Chen Cheng-Hao Jacky, Jiang Henry, Nguyen Vinh Dat David
Collaborative Research Group (CORE), Sydney, New South Wales, Australia.
Faculty of Medicine and Health, University of Sydney, Sydney, New South Wales, Australia.
Ann Cardiothorac Surg. 2023 Sep 28;12(5):392-408. doi: 10.21037/acs-2023-scp-17. Epub 2023 Jul 12.
Spinal cord ischemia (SCI) is one of the most devastating complications of thoracic endovascular aortic repair (TEVAR). Prophylactic cerebrospinal fluid drainage (CSFD) has been shown to decrease the risk of SCI in open thoracic aortic procedures; however, its utility in TEVAR remains uncertain. This systematic review and meta-analysis aim to determine the role of prophylactic CSFD in preventing SCI in TEVAR.
A literature search of five databases was performed and all studies published before September 2022 that reported SCI rates in TEVAR patients undergoing prophylactic CSFD were included. A random effects meta-analysis of means or proportions was performed for single-arm data. Odds ratios (ORs) with 95% confidence intervals (CIs) were reported for comparisons between groups.
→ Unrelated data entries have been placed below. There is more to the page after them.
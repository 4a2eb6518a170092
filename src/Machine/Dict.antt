-- ===== src/Machine/Dict.antt =====
-- `HashMap<String, String>` of src/state_machine/kv.rs as an association list. The program never
-- depends on the order of a map.
use text.Mathlib.Text.{◌==◌}
use text.Mathlib.TextEquality.{eq_iff}
use raft_vibe.Prelude.{◌≡◌, refl, String, Option, none, some, List, [], ◌∷◌, if◌then◌else◌, arith}

abbrev pub Dict : Type 0
Dict = List (String × String)

unfoldable pub get : Dict → String → Option String
get [] key = none
get ((k, v) ∷ d) key = if k == key then some v else get d key

unfoldable pub put : Dict → String → String → Dict
put [] key value = (key, value) ∷ []
put ((k, v) ∷ d) key value = if k == key then (key, value) ∷ d else (k, v) ∷ put d key value

unfoldable pub remove : Dict → String → Dict
remove [] key = []
remove ((k, v) ∷ d) key = let rest = remove d key in if k == key then rest else (k, v) ∷ rest

pub get-put : (d : Dict) (k v j : String) → get (put d k v) j ≡ (if k == j then some v else get d j)
unfolding get put
get-put [] k v j = refl
get-put ((i, w) ∷ d) k v j = ground (arith, eq_iff k j, eq_iff i k, eq_iff i j, get-put d k v j)

pub get-remove : (d : Dict) (k j : String) → get (remove d k) j ≡ (if k == j then none else get d j)
unfolding get remove
get-remove [] k j = ground arith
get-remove ((i, w) ∷ d) k j = ground (arith, eq_iff k j, eq_iff i k, eq_iff i j, get-remove d k j)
A total of 4,793 patients undergoing TEVAR from 40 studies were included. The mean age was 68.8 years and 70.9% of patients were male. The overall SCI rate was 3.5%, with a 1.3% rate of immediate SCI and a 1.9% rate of delayed SCI. There were no significant differences in SCI rates between prophylactic CSFD patients and non-drained patients. Routine CSFD did not have a significant impact on SCI rates compared to non-drained patients. There was an increased rate of transient SCI with selective CSFD compared to non-drained patients (OR 2.08; 95% CI: 1.06-4.08; P=0.03). The most common drain-related complication was spinal headache (4.3%). The major complication rate was 1.6%, of which epidural or spinal hematoma (0.9%) was the most common, followed by intracranial or subdural hemorrhage (0.8%) and paraparesis or paraplegia (0.8%).
This study found no significant difference in SCI rates between prophylactic CSFD patients and their non-drained counterparts. CSFD is associated with a small but non-negligible risk of serious complications. Multi-center randomized controlled trials (RCTs) are warranted to help stratify the risk of both SCI and CSFD-related complications in patients undergoing endovascular aortic procedures.
脊髓缺血(SCI)是胸段血管腔内主动脉修复术(TEVAR)最严重的并发症之一。预防性脑脊液引流(CSFD)已被证明可降低开放性胸主动脉手术中SCI的风险;然而,其在TEVAR中的效用仍不确定。本系统评价和荟萃分析旨在确定预防性CSFD在预防TEVAR中SCI的作用。
对五个数据库进行文献检索,纳入2022年9月之前发表的所有报告接受预防性CSFD的TEVAR患者中SCI发生率的研究。对单臂数据进行均值或比例的随机效应荟萃分析。报告组间比较的比值比(OR)及其95%置信区间(CI)。
共纳入40项研究中的4793例接受TEVAR的患者。平均年龄为68.8岁,70.9%的患者为男性。总体SCI发生率为3.5%,即刻SCI发生率为1.3%,延迟性SCI发生率为1.9%。预防性CSFD患者和未引流患者的SCI发生率无显著差异。与未引流患者相比,常规CSFD对SCI发生率无显著影响。与未引流患者相比,选择性CSFD导致的短暂性SCI发生率增加(OR 2.08;95%CI:1.06 - 4.08;P = 0.03)。最常见的与引流相关的并发症是脊柱头痛(4.3%)。主要并发症发生率为1.6%,其中硬膜外或脊髓血肿(0.9%)最常见,其次是颅内或硬膜下出血(0.8%)和轻截瘫或截瘫(0.8%)。
本研究发现预防性CSFD患者与其未引流的对应患者之间的SCI发生率无显著差异。CSFD与严重并发症的风险虽小但不可忽视。有必要进行多中心随机对照试验(RCT),以帮助分层接受血管腔内主动脉手术患者的SCI和CSFD相关并发症风险。